Let's take a leaf from Gandhi. Make no mistake, he wanted political independence, and that's why he was there meeting with British government ministers. But he wanted true independence, economic, spiritual, social, personal independence, as well as political. I think both he and Dr. King would advise us to bang on our pots for political sovereignty, and also to find ways to create the sovereignty that begins at home.

This is not the sovereignty of "me me me." It's the sovereignty of the 'ohana, the inclusive "we." And we don't have to look far for instructive examples. The spirit of 'ohana is alive and well across our Islands. I remember the story my father told of one of his co-workers in their construction company during the Great Depression in Honolulu. The man said to him, "You have two sons, and I have none, because my wife can't have children. Why don't you give one of them to us?"

My dad knew about the traditional custom of adoption, "hanai," but I didn't and I was alarmed until he explained, and assured me that it wasn't going to happen. But to this day, as in the misty past of earliest times, society has been kept in balance in these Islands by the custom of hanai. When the traditional guidelines are followed, children get chances they would not otherwise have, and they enrich their new families. Queen Lili_uokalani was a hanai child, who had a hanai daughter. Aunty Mary Kawena Pukui, our national treasure of traditional wisdom, was a hanai child who also had one of her own.

The hanai tradition is an essential element and indeed it is a proof of the larger 'ohana spirit that extends beyond the immediate family to the community, and often further. All over these Islands you will find pockets of co-housing with cooperative childcare, elder care, car and home repair, and carpooling. You'll find that same kind of enterprise off the grid in the medial-strip fish market of South Hilo. The brothers you see there, often with their boats still hitched to their pickups, are bringing fish directly from the sea to you, and they are showing the sovereignty banner. "So much for the system!" they are saying, and the folks at their stalls in farmers markets in almost every community on this Island are saying the same thing. "We are the sovereigns!"

We can build on this foundation. The Waianae Coast Development Corporation and other programs along the Waianae coast of O'ahu are shining examples of the way. Backyard gardens, backyard fishponds, hands on, and muddy feet training in pulling kalo; the folks over there are on the track of sovereignty that can ultimately bring down the power of greed and oppression.

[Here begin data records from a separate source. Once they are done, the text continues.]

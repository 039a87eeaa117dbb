-- ===== src/Mesh/EventBus/Tests.antt =====
-- kanbrick-mesh/src/event.rs: a bus that keeps two events, with two subscribers.
use kanbrick_v.Common.{
  ℕ, ◌≤◌, ◌≡◌, refl, arith, Text, codes, List, [], ◌∷◌, ◌++◌, length, none, some,
}
use kanbrick_v.Json.{null}
use kanbrick_v.Mesh.Abi.{Event}
use kanbrick_v.Mesh.EventBus.{
  EventBus, emit, emit_all, subscribe, unsubscribe, replay, history, with_capacity,
}

abbrev event : Text → Event
event k = record { kind = k; payload = null }

abbrev valued : Event
valued = event (codes "valuation.completed")

abbrev reported : Event
reported = event (codes "report.completed")

abbrev busy : EventBus ℕ
busy =
    (subscribe (codes "report.completed") 8
      (subscribe (codes "valuation.completed") 7 (with_capacity 2)).1).1

notified : (emit reported busy).0 ≡ 8 ∷ []
unfolding emit subscribe kanbrick_v.Common.text_beq
notified = refl

unsubscribed : (emit reported (unsubscribe 1 busy)).0 ≡ []
unfolding emit subscribe unsubscribe kanbrick_v.Common.text_beq
unsubscribed = refl

evicted :
    replay (some (codes "valuation.completed")) (emit_all (valued ∷ reported ∷ reported ∷ []) busy)
    ≡ []
unfolding emit subscribe replay kanbrick_v.Common.text_beq
evicted = refl

at_least_one : history (emit_all (valued ∷ []) (with_capacity {H = ℕ} 0)) ≡ valued ∷ []
unfolding emit
at_least_one = refl
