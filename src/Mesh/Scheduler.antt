-- ===== src/Mesh/Scheduler.antt =====
-- kanbrick-mesh/src/scheduler.rs: the state that the scheduler shares with its worker threads, and
-- what the scheduler does to it.
pub mod Thread
pub mod System
pub mod Permits
pub mod Moves
pub mod Invariant
pub mod Submitting
pub mod Working
pub mod Safety
pub mod Progress
pub mod Bounded
pub mod Alone
mod Tests
use kanbrick_v.Common.{
  ℕ, ◌+◌, ◌%◌, ◌^◌, Text, text_eq, nat_eq, List, [], ◌∷◌, ◌++◌, Option, none, some, Dict, lookup,
  insert, modify, suc, if◌then◌else◌, Bool,
}
use kanbrick_v.Core.Context.{FirmContext}
use kanbrick_v.Mesh.Abi.{GuestRequest}
use kanbrick_v.Mesh.Task.{
  TaskStatus, task_queued, is_terminal, RetryPolicy, SchedulerConfig, at_least, deadline_ticks,
  no_retries,
}

-- `Shared`; a semaphore is its number of permits
pub record Shared : Type 0 where
  pub statuses : Dict ℕ TaskStatus
  pub sems : Dict Text ℕ
  pub per_guest : ℕ
  pub next_id : ℕ

-- Where a worker's thread stands. An attempt is about to begin, runs, or is followed by a delay;
-- a thread that settles has a final status to set.
pub data Pc : Type 0 where
  acquiring releasing finished : Pc
  starting invoking backing_off : (attempt : ℕ) → Pc
  settling : TaskStatus → Pc

-- What a worker's thread holds.
pub record Worker : Type 0 where
  pub id : ℕ
  pub guest : Text
  pub ctx : FirmContext
  pub request : GuestRequest
  pub deadline : ℕ
  pub retry : RetryPolicy
  pub pc : Pc

-- `Scheduler`, without its handles on the runtime and the ticker
pub record Scheduler : Type 0 where
  pub shared : Shared
  pub tick : ℕ
  pub workers : List Worker

-- `Shared::set_status`
abbrev pub set_status : ℕ → TaskStatus → Shared → Shared
set_status i st sh = record sh { statuses = insert i st sh.statuses }

abbrev or_insert : Text → ℕ → Option ℕ → Dict Text ℕ → Dict Text ℕ
or_insert name permits none m = insert name permits m
or_insert name permits (some p) m = m

-- `Shared::guest_semaphore`
unfoldable pub guest_semaphore : Text → Shared → Shared
guest_semaphore name sh = record sh {
  sems = or_insert name sh.per_guest (lookup name sh.sems) sh.sems;
}

-- `Semaphore::release`
abbrev pub release : Text → Shared → Shared
release name sh = record sh { sems = modify name suc sh.sems }

-- `Scheduler::with_config`
unfoldable pub with_config : SchedulerConfig → Scheduler
with_config config = record {
  shared = record {
    statuses = [];
    sems = [];
    per_guest = at_least 1 config.per_guest_concurrency;
    next_id = 0;
  };
  tick = at_least 1000000 config.tick;
  workers = [];
}

abbrev pub new_worker : ℕ → Text → FirmContext → GuestRequest → ℕ → RetryPolicy → Worker
new_worker i name ctx request deadline retry = record {
  id = i;
  guest = name;
  ctx = ctx;
  request = request;
  deadline = deadline;
  retry = retry;
  pc = acquiring;
}

-- `Scheduler::schedule_with_retry`: the id, and the scheduler with one more worker
unfoldable pub schedule_with_retry :
    Text → FirmContext → GuestRequest → Option ℕ → RetryPolicy → Scheduler → ℕ × Scheduler
schedule_with_retry name ctx request timeout retry s =
    let i = s.shared.next_id in
    let counted = record (s.shared) { next_id = (i + 1) % 2 ^ 64 } in
    let queued = set_status i task_queued counted in
    (
      i,
      record s {
        shared = guest_semaphore name queued;
        workers =
            s.workers ++ new_worker i name ctx request (deadline_ticks s.tick timeout) retry ∷ [];
      },
    )

-- `Scheduler::schedule`
abbrev pub schedule : Text → FirmContext → GuestRequest → Option ℕ → Scheduler → ℕ × Scheduler
schedule name ctx request timeout s = schedule_with_retry name ctx request timeout no_retries s

-- `Scheduler::status`
unfoldable pub status : ℕ → Scheduler → Option TaskStatus
status i s = lookup i s.shared.statuses

abbrev seen : Bool → Option TaskStatus → Option TaskStatus → Option TaskStatus
seen late later none = none
seen late later (some st) = if is_terminal st then some st else if late then none else later

-- `Scheduler::wait`. Each glance is the scheduler as the thread finds it when it holds the lock,
-- and whether its deadline has passed by then.
unfoldable pub wait : ℕ → List (Scheduler × Bool) → Option TaskStatus
wait i [] = none
wait i ((s, late) ∷ glances) = let later = wait i glances in seen late later (status i s)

The Industrial Workers of the World had the slogan: "Build the new within the shell of the old." Our slogan can be, "Rebuild the traditional within the shell of corruption." This is a path that takes discipline. For one thing, it means going out of your way to shop where the money stays. It means consciously boycotting giant stores like Walmart that bankrupt local businesses. With few exceptions, these huge enterprises have terrible labor policies and make enormous profits for faraway stockholders.

In Honolulu, Kokua Country Foods has flourished in Mo'ili'ili for thirty years. You join the co-op and become an owner with a voice in how the store is operated, and you get discounts on your purchases. The billionaires who are sons and daughters of Sam Walton in Arkansas don't get a bean.

With our own cooperative stores and restaurants and shops and studios and saving and loan huis, we can set up our own independence and show the spinning wheel, just as Gandhi did. We can follow our own example of demanding immersion schools and making them work, and demand other public services appropriate to the folks--for example, ho'oponopono and pu'uhonua for social offenders. Gandhi campaigned heart and soul for political sovereignty, but he knew that unless a rigorous kind of economic and social sovereignty is already in place, any campaign for political independence just leads to tiny concessions within the imperialist system, and those tiny concessions turn out to be big steps backwards, a truth we are seeing vividly today in Hawai'i Nei, to our sorrow. Independence and sovereignty are the ground of independence and sovereignty. Let's do it!